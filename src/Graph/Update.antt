-- ===== src/Graph/Update.antt =====
-- `remove_file` and `update_file` of src/graph/mod.rs on the tables, and the primary key of `entities`.
use mathlib.Core.Path.{subst}
use text.Mathlib.TextEquality.{eq_iff}
use vai.Common.{
  ◌≡◌, refl, sym, ap, ◌∙◌, Option, some, none, inl, inr, Bool, true, false, not, ◌&&◌, ◌||◌, List,
  [], ◌∷◌, ◌++◌, String, ◌==◌, if◌then◌else◌, any, keep, Bool-cases, arith,
}
use vai.Common.Eq.{string_equality}
use vai.Common.Any.{any-append}
use vai.Graph.{
  Entity, Relationship, GraphSnapshot, upsert_entity, upsert_relationship, touches,
  get_entity_ids_for_file, delete_touching, remove_file, get_entity_by_id, upsert_entities,
  upsert_relationships, update_file,
}

-- The primary key: no two rows have the same id.
abbrev pub IsKeyed : List Entity → Type 0
IsKeyed [] = Unit
IsKeyed (e ∷ es) = (any (λ x. x.id == e.id) es ≡ false) × IsKeyed es

-- An entity of the file has that relationship.
abbrev pub touches_file : String → List Entity → Relationship → Bool
touches_file file es r = any (λ e. e.file_path == file && touches e.id r) es

keep-all : (rs : List Relationship) → keep (λ r. true) rs ≡ rs
keep-all [] = refl
keep-all (r ∷ rs) = ap (λ l. r ∷ l) (keep-all rs)

keep-keep :
    (p q : Relationship → Bool) (rs : List Relationship)
    → keep (λ r. not (q r)) (keep (λ r. not (p r)) rs) ≡ keep (λ r. not (p r || q r)) rs
keep-keep p q [] = refl
keep-keep p q (r ∷ rs) = ground (arith, keep-keep p q rs)

keep-same :
    (p q : Relationship → Bool) (rs : List Relationship)
    → ((r : Relationship) → p r ≡ q r)
    → keep (λ r. not (p r)) rs ≡ keep (λ r. not (q r)) rs
keep-same p q [] h = refl
keep-same p q (r ∷ rs) h = ground (arith, keep-same p q rs h, h r)

any-get_entity_ids_for_file :
    (file : String) (r : Relationship) (es : List Entity)
    → any (λ id. touches id r) (get_entity_ids_for_file file es) ≡ touches_file file es r
any-get_entity_ids_for_file file r [] = refl
any-get_entity_ids_for_file file r (e ∷ es) = ground (arith, any-get_entity_ids_for_file file r es)

delete_touching-keep :
    (ids : List String) (rs : List Relationship)
    → delete_touching ids rs ≡ keep (λ r. not (any (λ id. touches id r) ids)) rs
unfolding delete_touching
delete_touching-keep [] rs = sym (keep-all rs)
delete_touching-keep (id ∷ ids) rs =
    delete_touching-keep ids (keep (λ r. not (touches id r)) rs)
    ∙ keep-keep (λ r. touches id r) (λ r. any (λ i. touches i r) ids) rs

-- The last row with that id in the list, as the later of two upserts wins.
abbrev pub last_entity : String → List Entity → Option Entity → Option Entity
last_entity id [] o = o
last_entity id (e ∷ es) o = last_entity id es (if e.id == id then some e else o)

abbrev pub outside : String → Option Entity → Option Entity
outside file none = none
outside file (some e) = if e.file_path == file then none else some e

any-keep_id :
    (id : String) (p : Entity → Bool) (es : List Entity)
    → any (λ x. x.id == id) es ≡ false
    → any (λ x. x.id == id) (keep p es) ≡ false
any-keep_id id p [] h = refl
any-keep_id id p (e ∷ es) h = ground (arith, any-keep_id id p es)

any-without :
    (id : String) (es : List Entity)
    → any (λ x. x.id == id) (keep (λ x. not (x.id == id)) es) ≡ false
any-without id [] = refl
any-without id (e ∷ es) = ground (arith, any-without id es)

IsKeyed-keep : (p : Entity → Bool) (es : List Entity) → IsKeyed es → IsKeyed (keep p es)
IsKeyed-keep p [] k = tt
IsKeyed-keep p (e ∷ es) k = elim (Bool-cases (p e)) [
  | inl stays ↦ rw (stays, IsKeyed) (any-keep_id e.id p es k.0, IsKeyed-keep p es k.1)
  | inr goes ↦ rw (goes, IsKeyed) (IsKeyed-keep p es k.1)
]

IsKeyed-end :
    (e : Entity) (es : List Entity)
    → any (λ x. x.id == e.id) es ≡ false
    → IsKeyed es
    → IsKeyed (es ++ e ∷ [])
IsKeyed-end e [] h k = (refl, tt)
IsKeyed-end e (x ∷ es) h k = (
  ground
      (arith, any-append (λ y. y.id == x.id) es (e ∷ []), k.0, eq_iff x.id e.id, eq_iff e.id x.id),
  IsKeyed-end e es (ground arith) k.1,
)

get_entity_by_id-none :
    (id : String) (es : List Entity)
    → any (λ x. x.id == id) es ≡ false
    → get_entity_by_id id es ≡ none
unfolding get_entity_by_id
get_entity_by_id-none id [] h = refl
get_entity_by_id-none id (e ∷ es) h = ground (arith, get_entity_by_id-none id es)

get_entity_by_id-keep :
    (file id : String) (es : List Entity)
    → IsKeyed es
    → get_entity_by_id id (keep (λ e. not (e.file_path == file)) es)
      ≡ outside file (get_entity_by_id id es)
unfolding get_entity_by_id
get_entity_by_id-keep file id [] k = refl
get_entity_by_id-keep file id (e ∷ es) k = elim (Bool-cases (e.id == id)) [
  | inl here ↦
      let same : e.id ≡ id = (eq_iff e.id id).0 here in
      let away : get_entity_by_id id es ≡ none = get_entity_by_id-none id es (rw same at k.0) in
      ground (arith, here, away, get_entity_by_id-keep file id es k.1)
  | inr other ↦ ground (arith, other, get_entity_by_id-keep file id es k.1)
]

get_entity_by_id-end :
    (e : Entity) (id : String) (es : List Entity)
    → get_entity_by_id id (keep (λ x. not (x.id == e.id)) es ++ e ∷ [])
      ≡ (if e.id == id then some e else get_entity_by_id id es)
unfolding get_entity_by_id
get_entity_by_id-end e id [] = refl
get_entity_by_id-end e id (x ∷ es) = elim (Bool-cases (x.id == e.id)) [
  | inl same ↦
      let q : x.id ≡ e.id = (eq_iff x.id e.id).0 same in
      ground (arith, same, q, get_entity_by_id-end e id es)
  | inr other ↦
      ground (
        arith,
        other,
        get_entity_by_id-end e id es,
        eq_iff x.id id,
        eq_iff e.id id,
        eq_iff x.id e.id,
      )
]

get_entity_by_id-upsert_entities :
    (id : String) (es : List Entity) (g : GraphSnapshot)
    → get_entity_by_id id (upsert_entities es g).entities
      ≡ last_entity id es (get_entity_by_id id g.entities)
unfolding upsert_entities upsert_entity
get_entity_by_id-upsert_entities id [] g = refl
get_entity_by_id-upsert_entities id (e ∷ es) g =
    get_entity_by_id-upsert_entities id es (upsert_entity e g)
    ∙ ap (last_entity id es) (get_entity_by_id-end e id g.entities)

IsKeyed-upsert_entities :
    (es : List Entity) (g : GraphSnapshot)
    → IsKeyed g.entities
    → IsKeyed (upsert_entities es g).entities
unfolding upsert_entities upsert_entity
IsKeyed-upsert_entities [] g k = k
IsKeyed-upsert_entities (e ∷ es) g k =
    let rest = keep (λ x. not (x.id == e.id)) g.entities in
    IsKeyed-upsert_entities es (upsert_entity e g) (
      IsKeyed-end e rest (any-without e.id g.entities)
        (IsKeyed-keep (λ x. not (x.id == e.id)) g.entities k))

entities-upsert_relationships :
    (rs : List Relationship) (g : GraphSnapshot) → (upsert_relationships rs g).entities ≡ g.entities
unfolding upsert_relationships upsert_relationship
entities-upsert_relationships [] g = refl
entities-upsert_relationships (r ∷ rs) g =
    entities-upsert_relationships rs (upsert_relationship r g)

abbrev pub tables : List Entity → List Relationship → GraphSnapshot
tables es rs = record { entities = es; relationships = rs }

-- `remove_file` takes exactly the rows of the file and the relationships that one of them has.
pub remove_file-touches_file :
    (file : String) (g : GraphSnapshot)
    → remove_file file g
      ≡ tables
          (keep (λ e. not (e.file_path == file)) g.entities)
          (keep (λ r. not (touches_file file g.entities r)) g.relationships)
unfolding remove_file
remove_file-touches_file file g = ap (tables (keep (λ e. not (e.file_path == file)) g.entities)) (
    delete_touching-keep (get_entity_ids_for_file file g.entities) g.relationships
    ∙ keep-same (λ r. any (λ id. touches id r) (get_entity_ids_for_file file g.entities))
        (touches_file file g.entities) g.relationships
        (λ r. any-get_entity_ids_for_file file r g.entities))

-- After `update_file` with a parse that succeeds the ids of `entities` are distinct if they were, and an id
-- stands for the last entity of the parse that has it, or else for the entity it stood for unless that was of the
-- file.
pub update_file-get_entity_by_id :
    (file : String) (es : List Entity) (rs : List Relationship) (g : GraphSnapshot)
    → IsKeyed g.entities
    → IsKeyed (update_file file (some (es, rs)) g).0.entities
      × ((id : String)
          → get_entity_by_id id (update_file file (some (es, rs)) g).0.entities
            ≡ last_entity id es (outside file (get_entity_by_id id g.entities)))
unfolding update_file remove_file
update_file-get_entity_by_id file es rs g k =
    let cleared = remove_file file g in
    let same = entities-upsert_relationships rs (upsert_entities es cleared) in
    (
      subst IsKeyed (sym same) (
          IsKeyed-upsert_entities es cleared
            (IsKeyed-keep (λ e. not (e.file_path == file)) g.entities k)),
      λ id.
          ap (get_entity_by_id id) same
          ∙ get_entity_by_id-upsert_entities id es cleared
          ∙ ap (last_entity id es) (get_entity_by_id-keep file id g.entities k),
    )
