-- ===== src/Diff/Spans.antt =====
-- The bytes that src/diff/mod.rs compares for an entity, and the entity of an id that its maps hold.
use text.Mathlib.TextEquality.{eq_iff}
use vai.Common.{
  ℕ, zero, suc, ◌-◌, min, Option, none, some, ◌≡◌, refl, sym, ap, ◌∙◌, ◌↔◌, inl, inr, Bool, true,
  false, ◌&&◌, List, [], ◌∷◌, String, ◌==◌, nat_eq_iff, any, between, drop, drop-nil, length,
  Bool-cases, arith,
}
use vai.Common.Eq.{string_equality}
use vai.Graph.{Entity}
use vai.Graph.Update.{last_entity}
use vai.Diff.{to_map, lookup, span, same_bytes}

abbrev pub take : ℕ → List ℕ → List ℕ
take zero xs = []
take (suc n) [] = []
take (suc n) (x ∷ xs) = x ∷ take n xs

-- The bytes from the start of the entity's range to its end, as far as the file goes.
abbrev pub bytes_of : List ℕ → Entity → List ℕ
bytes_of content e = take (e.byte_range.1 - e.byte_range.0) (drop e.byte_range.0 content)

take-nil : (n : ℕ) → take n [] ≡ []
take-nil zero = refl
take-nil (suc n) = refl

min-suc : (a b : ℕ) → min (suc a) (suc b) ≡ suc (min a b)
min-suc a b = ground arith

min-zero : (b : ℕ) → min zero (suc b) ≡ zero
min-zero b = ground arith

sub_zero : (a : ℕ) → suc (a - zero) ≡ suc a - zero
sub_zero a = omega arith

zero_sub : (a : ℕ) → zero ≡ zero - suc a
zero_sub a = omega arith

sub_suc : (a b : ℕ) → suc a - suc b ≡ a - b
sub_suc a b = omega arith

between-nil : (lo hi : ℕ) → between {A = ℕ} lo hi [] ≡ []
between-nil zero zero = refl
between-nil zero (suc hi) = refl
between-nil (suc lo) zero = refl
between-nil (suc lo) (suc hi) = refl

between-take :
    (lo hi : ℕ) (xs : List ℕ) → between lo (min hi (length xs)) xs ≡ take (hi - lo) (drop lo xs)
between-take lo hi [] =
    between-nil lo (min hi 0) ∙ sym (ap (take (hi - lo)) (drop-nil lo) ∙ take-nil (hi - lo))
between-take zero zero (x ∷ xs) = ap (λ n. between zero n (x ∷ xs)) (min-zero (length xs))
between-take zero (suc hi) (x ∷ xs) =
    ap (λ n. between zero n (x ∷ xs)) (min-suc hi (length xs))
    ∙ ap (λ l. x ∷ l) (between-take zero hi xs)
    ∙ ap (λ n. take n (x ∷ xs)) (sub_zero hi)
between-take (suc lo) zero (x ∷ xs) =
    ap (λ n. between (suc lo) n (x ∷ xs)) (min-zero (length xs))
    ∙ ap (λ n. take n (drop lo xs)) (zero_sub lo)
between-take (suc lo) (suc hi) (x ∷ xs) =
    ap (λ n. between (suc lo) n (x ∷ xs)) (min-suc hi (length xs))
    ∙ between-take lo hi xs
    ∙ ap (λ n. take n (drop lo xs)) (sym (sub_suc hi lo))

pub span-bytes_of : (content : List ℕ) (e : Entity) → span content e ≡ bytes_of content e
span-bytes_of content e = between-take e.byte_range.0 e.byte_range.1 content

pub same_bytes_iff : (xs ys : List ℕ) → (same_bytes xs ys ≡ true) ↔ (xs ≡ ys)
same_bytes_iff [] [] = (λ h. refl, λ h. refl)
same_bytes_iff [] (y ∷ ys) = (λ h. cc, λ h. cc)
same_bytes_iff (x ∷ xs) [] = (λ h. cc, λ h. cc)
same_bytes_iff (x ∷ xs) (y ∷ ys) = (
  λ h.
      let one : x ≡ y = (nat_eq_iff x y).0 (ground arith) in
      let rest : xs ≡ ys = (same_bytes_iff xs ys).0 (ground arith) in cc,
  λ h.
      let one : x ≡ y = cc in
      let rest : xs ≡ ys = cc in
      let there = (nat_eq_iff x y).1 one in
      let more = (same_bytes_iff xs ys).1 rest in ground arith,
)

abbrev pub has : String → List Entity → Bool
has id es = any (λ e. e.id == id) es

pub has-to_map : (id : String) (es : List Entity) → has id (to_map es) ≡ has id es
unfolding to_map
has-to_map id [] = refl
has-to_map id (e ∷ es) = elim (Bool-cases (e.id == id)) [
  | inl here ↦
      let q : e.id ≡ id = (eq_iff e.id id).0 here in ground (arith, here, q, has-to_map id es)
  | inr other ↦ ground (arith, other, has-to_map id es)
]

abbrev is_some : Option Entity → Bool
is_some none = false
is_some (some e) = true

pub has-lookup : (id : String) (es : List Entity) → has id es ≡ is_some (lookup id es)
unfolding lookup
has-lookup id [] = refl
has-lookup id (e ∷ es) = ground (arith, has-lookup id es)

abbrev or_else : Option Entity → Option Entity → Option Entity
or_else none o = o
or_else (some e) o = some e

last_entity-lookup :
    (id : String) (es : List Entity) (o : Option Entity)
    → last_entity id es o ≡ or_else (lookup id (to_map es)) o
unfolding lookup to_map
last_entity-lookup id [] o = refl
last_entity-lookup id (e ∷ es) o = elim (Bool-cases (e.id == id)) [
  | inl here ↦
      let q : e.id ≡ id = (eq_iff e.id id).0 here in
      ground (arith, here, q, has-lookup id (to_map es), last_entity-lookup id es (some e))
  | inr other ↦ ground (arith, other, last_entity-lookup id es o)
]

pub lookup-last_entity :
    (id : String) (es : List Entity) → lookup id (to_map es) ≡ last_entity id es none
lookup-last_entity id es = ground (arith, last_entity-lookup id es none)

pub lookup-id : (id : String) (es : List Entity) (e : Entity) → lookup id es ≡ some e → e.id ≡ id
unfolding lookup
lookup-id id [] e h = cc
lookup-id id (x ∷ es) e h = ground (arith, lookup-id id es e, eq_iff x.id id)

-- Where the test passes for the entity that the map has under the id.
abbrev pub passes : (Entity → Bool) → Option Entity → Bool
passes p none = false
passes p (some e) = p e

any-none :
    (id : String) (p : Entity → Bool) (es : List Entity)
    → has id es ≡ false
    → any (λ e. e.id == id && p e) es ≡ false
any-none id p [] h = refl
any-none id p (e ∷ es) h = ground (arith, any-none id p es)

pub any-lookup :
    (id : String) (p : Entity → Bool) (es : List Entity)
    → any (λ e. e.id == id && p e) (to_map es) ≡ passes p (lookup id (to_map es))
unfolding lookup to_map
any-lookup id p [] = refl
any-lookup id p (e ∷ es) = elim (Bool-cases (e.id == id)) [
  | inl here ↦
      let q : e.id ≡ id = (eq_iff e.id id).0 here in
      ground (arith, here, q, any-none id p (to_map es), any-lookup id p es)
  | inr other ↦ ground (arith, other, any-lookup id p es)
]
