-- ===== src/Graph/Reach.antt =====
-- `reachable_entities` of src/graph/mod.rs: a breadth-first search from several entities along the
-- relationships in both directions, up to a number of hops. The `while` loop takes fuel; two rounds for each
-- relationship and one for each seed are enough.
pub mod Steps
pub mod Ends
pub mod Answer
pub mod Collect
pub mod Found
pub mod Rounds
pub mod Walks
use vai.Common.{
  ℕ, zero, suc, ◌+◌, ◌*◌, Option, none, some, Bool, true, false, ◌&&◌, List, [], ◌∷◌, ◌++◌, String,
  ◌==◌, leb, if◌then◌else◌, length, any,
}
use vai.Common.Eq.{string_equality}
use vai.Common.Sets.{contains}
use vai.Graph.{
  Entity, Relationship, GraphSnapshot, get_relationships_for_entity, get_entities_by_ids,
}

pub record Search : Type 0 where
  pub visited : List String
  pub queue : List (String × ℕ)

abbrev pub neighbor : String → Relationship → String
neighbor id r = if r.from_entity == id then r.to_entity else r.from_entity

-- `if visited.insert(id) { queue.push_back((id, hops)) }`
unfoldable pub visit : ℕ → String → Search → Search
visit hops id s =
    if contains id s.visited
    then s
    else record { visited = id ∷ s.visited; queue = s.queue ++ (id, hops) ∷ [] }

unfoldable pub visit_all : ℕ → List String → Search → Search
visit_all hops [] s = s
visit_all hops (id ∷ ids) s = visit_all hops ids (visit hops id s)

abbrev pub neighbors : String → List Relationship → List String
neighbors id [] = []
neighbors id (r ∷ rs) = neighbor id r ∷ neighbors id rs

module _ (g : GraphSnapshot) (max_hops : ℕ) where
  -- One round, after (id, hops) left the queue.
  unfoldable pub expand : String → ℕ → Search → Search
  expand id hops s =
      if leb max_hops hops
      then s
      else visit_all (hops + 1) (neighbors id (get_relationships_for_entity id g)) s

  -- `none`: the fuel ran out.
  unfoldable pub search_loop : ℕ → List String → List (String × ℕ) → Option (List String)
  search_loop fuel visited [] = some visited
  search_loop zero visited (x ∷ queue) = none
  search_loop (suc fuel) visited ((id, hops) ∷ queue) =
      let s = expand id hops (record { visited = visited; queue = queue }) in
      search_loop fuel s.visited s.queue

  unfoldable pub reached_ids : List String → Option (List String)
  reached_ids seeds =
      let s = visit_all 0 seeds (record { visited = []; queue = [] }) in
      search_loop (length seeds + 2 * length g.relationships) s.visited s.queue

abbrev pub both_reached : List String → Relationship → Bool
both_reached ids r = contains r.from_entity ids && contains r.to_entity ids

-- `entry(id).or_insert(rel)`.
abbrev pub or_insert : Relationship → List Relationship → List Relationship
or_insert r seen = if any (λ x. x.id == r.id) seen then seen else seen ++ r ∷ []

unfoldable pub collect_inner :
    List String → List Relationship → List Relationship → List Relationship
collect_inner ids [] seen = seen
collect_inner ids (r ∷ rs) seen =
    collect_inner ids rs (if both_reached ids r then or_insert r seen else seen)

unfoldable pub collect_relationships :
    GraphSnapshot → List String → List String → List Relationship → List Relationship
collect_relationships g ids [] seen = seen
collect_relationships g ids (id ∷ rest) seen =
    collect_relationships g ids rest (collect_inner ids (get_relationships_for_entity id g) seen)

abbrev pub with_reached :
    GraphSnapshot → Option (List String) → Option (List Entity × List Relationship)
with_reached g none = none
with_reached g (some ids) = some (get_entities_by_ids ids g, collect_relationships g ids ids [])

unfoldable pub reachable_entities :
    GraphSnapshot → List String → ℕ → Option (List Entity × List Relationship)
reachable_entities g seeds max_hops = with_reached g (reached_ids g max_hops seeds)
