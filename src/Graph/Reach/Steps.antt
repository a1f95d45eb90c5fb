-- ===== src/Graph/Reach/Steps.antt =====
-- What one round of the search of src/graph/mod.rs does to the visited ids and to the queue.
use text.Mathlib.TextEquality.{eq_iff}
use mathlib.Core.Path.{subst}
use vai.Common.{
  ℕ, ◌≤◌, ◌≡◌, sym, ◌⊎◌, inl, inr, Bool, true, false, not, ◌&&◌, ◌||◌, List, [], ◌∷◌, ◌++◌, String,
  ◌==◌, leb, All, arith,
}
use vai.Common.Eq.{string_equality}
use vai.Common.Sets.{contains}
use vai.Common.Table.{All-append}
use vai.Graph.Reach.{Search, visit, visit_all}

-- The id is in the list with a number of hops up to j.
abbrev pub labelled : ℕ → String → List (String × ℕ) → Bool
labelled j x [] = false
labelled j x (e ∷ q) = ((x == e.0) && leb e.1 j) || labelled j x q

-- The numbers of hops grow from one end of the range to the other.
abbrev pub IsOrdered : ℕ → ℕ → List (String × ℕ) → Type 0
IsOrdered lo hi [] = Unit
IsOrdered lo hi (e ∷ q) = (lo ≤ e.1) × (e.1 ≤ hi) × IsOrdered e.1 hi q

pub labelled-append :
    (j : ℕ) (x : String) (p q : List (String × ℕ))
    → labelled j x (p ++ q) ≡ (labelled j x p || labelled j x q)
labelled-append j x [] q = ground arith
labelled-append j x (e ∷ p) q = ground (arith, labelled-append j x p q)

pub labelled-weaken :
    (i j : ℕ) (x : String) (q : List (String × ℕ))
    → i ≤ j
    → labelled i x q ≡ true
    → labelled j x q ≡ true
labelled-weaken i j x [] h l = cc
labelled-weaken i j x (e ∷ q) h l = ground (arith, labelled-weaken i j x q h)

pub IsOrdered-append :
    (lo hi : ℕ) (q : List (String × ℕ)) (x : String)
    → lo ≤ hi
    → IsOrdered lo hi q
    → IsOrdered lo hi (q ++ (x, hi) ∷ [])
IsOrdered-append lo hi [] x h o = (h, omega arith, tt)
IsOrdered-append lo hi (e ∷ q) x h o = (o.0, o.1, IsOrdered-append e.1 hi q x o.1 o.2)

pub IsOrdered-higher :
    (lo hi top : ℕ) (q : List (String × ℕ)) → hi ≤ top → IsOrdered lo hi q → IsOrdered lo top q
IsOrdered-higher lo hi top [] h o = tt
IsOrdered-higher lo hi top (e ∷ q) h o =
    (o.0, omega (arith, o.1), IsOrdered-higher e.1 hi top q h o.2)

pub contains-visit :
    (k : ℕ) (id y : String) (s : Search)
    → contains y (visit k id s).visited ≡ ((y == id) || contains y s.visited)
unfolding visit
contains-visit k id y s = ground (arith, eq_iff y id)

pub labelled-visit :
    (k : ℕ) (id : String) (j : ℕ) (y : String) (s : Search)
    → labelled j y (visit k id s).queue
      ≡ (labelled j y s.queue || (leb k j && (y == id) && not (contains y s.visited)))
unfolding visit
labelled-visit k id j y s = ground (arith, eq_iff y id, labelled-append j y s.queue ((id, k) ∷ []))

module _ (k : ℕ) where
  pub contains-visit_all :
      (ids : List String) (y : String) (s : Search)
      → contains y (visit_all k ids s).visited ≡ (contains y ids || contains y s.visited)
  unfolding visit_all
  contains-visit_all [] y s = ground arith
  contains-visit_all (id ∷ ids) y s =
      ground (arith, contains-visit_all ids y (visit k id s), contains-visit k id y s)

  pub labelled-visit_all :
      (ids : List String) (j : ℕ) (y : String) (s : Search)
      → labelled j y (visit_all k ids s).queue
        ≡ (labelled j y s.queue || (leb k j && contains y ids && not (contains y s.visited)))
  unfolding visit_all
  labelled-visit_all [] j y s = ground arith
  labelled-visit_all (id ∷ ids) j y s = ground (
    arith,
    labelled-visit_all ids j y (visit k id s),
    contains-visit k id y s,
    labelled-visit k id j y s,
  )

  -- A visit leaves the queue or puts the id at its end.
  queue-visit :
      (id : String) (s : Search)
      → ((visit k id s).queue ≡ s.queue) ⊎ ((visit k id s).queue ≡ s.queue ++ (id, k) ∷ [])
  unfolding visit
  queue-visit id s = ground arith

  pub IsOrdered-visit_all :
      (ids : List String) (lo : ℕ) (s : Search)
      → lo ≤ k
      → IsOrdered lo k s.queue
      → IsOrdered lo k (visit_all k ids s).queue
  unfolding visit_all
  IsOrdered-visit_all [] lo s h o = o
  IsOrdered-visit_all (id ∷ ids) lo s h o =
      IsOrdered-visit_all ids lo (visit k id s) h (elim (queue-visit id s) [
        | inl same ↦ subst (IsOrdered lo k) (sym same) o
        | inr grown ↦ subst (IsOrdered lo k) (sym grown) (IsOrdered-append lo k s.queue id h o)
      ])

  pub All-visit_all :
      (P : String × ℕ → Type 0) (ids : List String) (s : Search)
      → All (λ id. P (id, k)) ids
      → All P s.queue
      → All P (visit_all k ids s).queue
  unfolding visit_all
  All-visit_all P [] s h o = o
  All-visit_all P (id ∷ ids) s h o =
      All-visit_all P ids (visit k id s) h.1 (elim (queue-visit id s) [
        | inl same ↦ subst (All P) (sym same) o
        | inr grown ↦ subst (All P) (sym grown) (All-append P s.queue (id, k) o h.0)
      ])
====
**TASK REQUIREMENTS**: Within the data above, the lines from the one with "with_reached g none = none" to the one with "GraphSnapshot → List String → ℕ" must be repeated exactly; no other line belongs in the answer.

**OUTPUT FOR THIS EXERCISE**:
with_reached g none = none
with_reached g (some ids) = some (get_entities_by_ids ids g, collect_relationships g ids ids [])

unfoldable pub reachable_entities :
    GraphSnapshot → List String → ℕ → Option (List Entity × List Relationship)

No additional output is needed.